[[ TASK DATA open ]]

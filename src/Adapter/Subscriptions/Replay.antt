-- ===== src/Adapter/Subscriptions/Replay.antt =====
-- What `resubscribe_all` asks of the connector. `_SEEN_SUBS` is never emptied, so a name that was
-- asked for once is not queued again.
use xiaoy_md.Prelude.{
  ◌≡◌, refl, ap, Bool, true, false, List, [], ◌∷◌, All, All-map, Option-cases, inl, inr, Bool-cases,
}
use xiaoy_md.Text.{Str, strip, str_eq}
use xiaoy_md.Text.Strip.{strip_idem}
use xiaoy_md.Dict.{Dict, lookup, insert, erase, values}
use xiaoy_md.Domain.{
  MarketDataSubscription, Validated, valid, empty_symbol, invalid_symbol, validate_symbol,
}
use xiaoy_md.Domain.Symbols.{validate_symbol-IsSymbol}
use xiaoy_md.Adapter.Live.{Live, live_symbol, subscribe_live_hook, drain_subscribe_queue}
use xiaoy_md.Adapter.Live.Requests.{
  is_requested, subscribe_live_hook_again, subscribe_live_hook-is_requested, is_requested-hook,
}
use xiaoy_md.Adapter.Subscriptions.{
  State, join_key, split_symbol, record_new, subscribe, unsubscribe, replay, resubscribe_all,
}

module _ {ℓ} (P : MarketDataSubscription → Type ℓ) where
  All-values-insert :
      (k : Str) (v : MarketDataSubscription) (d : Dict MarketDataSubscription)
      → P v
      → All P (values d)
      → All P (values (insert k v d))
  unfolding insert
  All-values-insert k v [] p h = (p, tt)
  All-values-insert k v ((j, w) ∷ d) p h = elim (Bool-cases (str_eq j k)) [
    | inl e ↦ rw e (p, h.1)
    | inr e ↦ rw e (h.0, All-values-insert k v d p h.1)
  ]

  All-values-erase :
      (k : Str) (d : Dict MarketDataSubscription) → All P (values d) → All P (values (erase k d))
  unfolding erase
  All-values-erase k [] h = tt
  All-values-erase k ((j, w) ∷ d) h = elim (Bool-cases (str_eq j k)) [
    | inl e ↦ rw e h.1
    | inr e ↦ rw e (h.0, All-values-erase k d h.1)
  ]

abbrev Asked : Live → MarketDataSubscription → Type 0
Asked live sub = is_requested live sub.symbol sub.exchange ≡ true

-- every subscription of the adapter has been asked for
abbrev pub AllRequested : State → Type 0
AllRequested s = All (Asked s.live) (values s.subs_by_id)

live_symbol-strip : (s e : Str) → live_symbol (strip s) e ≡ live_symbol s e
unfolding live_symbol
live_symbol-strip s e = rw (strip_idem s)

record_new-AllRequested :
    (base exchange : Str) (s : State) → AllRequested s → AllRequested (record_new base exchange s).1
unfolding record_new
record_new-AllRequested base exchange s h = go (validate_symbol base) refl
  where
    go : (r : Validated) → validate_symbol base ≡ r → AllRequested (record_new base exchange s).1
    go (valid symbol) e =
        let same : symbol ≡ strip base = ((validate_symbol-IsSymbol base symbol).0 e).0 in
        rw (e, record_new)
          (All-values-insert (Asked (subscribe_live_hook base exchange s.live)) _ _ s.subs_by_id
            (rw (same, live_symbol-strip) (subscribe_live_hook-is_requested base exchange s.live))
            (All-map (Asked s.live) _ (values s.subs_by_id)
              (λ sub. is_requested-hook sub.symbol sub.exchange base exchange s.live) h))
    go empty_symbol e = rw (e, record_new) h
    go (invalid_symbol v) e = rw (e, record_new) h

replay_nothing :
    (subs : List MarketDataSubscription) (live : Live)
    → All (Asked live) subs
    → replay subs live ≡ live
unfolding replay
replay_nothing [] live h = refl
replay_nothing (sub ∷ subs) live h =
    rw (subscribe_live_hook_again sub.symbol sub.exchange live h.0) (replay_nothing subs live h.1)

-- The states that the adapter and the connector come to, from the empty one.
pub data Reachable : State → Type 0 where
  start : Reachable (record {
    subs_by_id = [];
    sub_id_by_symbol = [];
    sub_seq = 0;
    live = record { seen = []; queue = [] };
  })
  subscribing : {s : State} (symbol : Str) → Reachable s → Reachable (subscribe symbol s).1
  unsubscribing : {s : State} (id : Str) → Reachable s → Reachable (unsubscribe id s)
  replaying : {s : State} → Reachable s → Reachable (resubscribe_all s)
  draining :
      {s : State} (available : Bool)
      → Reachable s
      → Reachable (record s { live = (drain_subscribe_queue available s.live).1 })

subscribe-AllRequested :
    (symbol : Str) (s : State) → AllRequested s → AllRequested (subscribe symbol s).1
unfolding subscribe
subscribe-AllRequested symbol s h =
    let base = (split_symbol (strip symbol)).0 in
    let exchange = (split_symbol (strip symbol)).1 in
    elim (Option-cases (lookup (join_key base exchange) s.sub_id_by_symbol)) [
      | inl e ↦ rw (e, subscribe) (record_new-AllRequested base exchange s h)
      | inr (id, e) ↦ rw (e, subscribe) h
    ]

unsubscribe-AllRequested : (id : Str) (s : State) → AllRequested s → AllRequested (unsubscribe id s)
unfolding unsubscribe
unsubscribe-AllRequested id s h = elim (Option-cases (lookup id s.subs_by_id)) [
  | inl e ↦ rw (e, unsubscribe) h
  | inr (sub, e) ↦ rw (e, unsubscribe) (All-values-erase (Asked s.live) id s.subs_by_id h)
]

resubscribe_all_nothing : (s : State) → AllRequested s → resubscribe_all s ≡ s
unfolding resubscribe_all
resubscribe_all_nothing s h =
    ap (λ l. record s { live = l }) (replay_nothing (values s.subs_by_id) s.live h)

drain-AllRequested :
    (available : Bool) (s : State)
    → AllRequested s
    → AllRequested (record s { live = (drain_subscribe_queue available s.live).1 })
unfolding drain_subscribe_queue
drain-AllRequested true s h = h
drain-AllRequested false s h = h

Reachable-AllRequested : {s : State} → Reachable s → AllRequested s
Reachable-AllRequested start = tt
Reachable-AllRequested (subscribing {s} symbol r) =
    subscribe-AllRequested symbol s (Reachable-AllRequested r)
Reachable-AllRequested (unsubscribing {s} id r) =
    unsubscribe-AllRequested id s (Reachable-AllRequested r)
Reachable-AllRequested (replaying {s} r) =
    rw (resubscribe_all_nothing s (Reachable-AllRequested r)) (Reachable-AllRequested r)
Reachable-AllRequested (draining {s} available r) =
    drain-AllRequested available s (Reachable-AllRequested r)

-- In every state that the adapter and the connector come to, replaying the subscriptions changes
-- nothing: no name is put into the connector's queue, also after the queue was drained into a
-- session that has ended since.
pub resubscribe_all-Reachable : {s : State} → Reachable s → resubscribe_all s ≡ s
resubscribe_all-Reachable {s} r = resubscribe_all_nothing s (Reachable-AllRequested r)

[[ TASK DATA closed ]]

Go through the entries and copy every line with "Domain".

use xiaoy_md.Domain.{
use xiaoy_md.Domain.Symbols.{validate_symbol-IsSymbol}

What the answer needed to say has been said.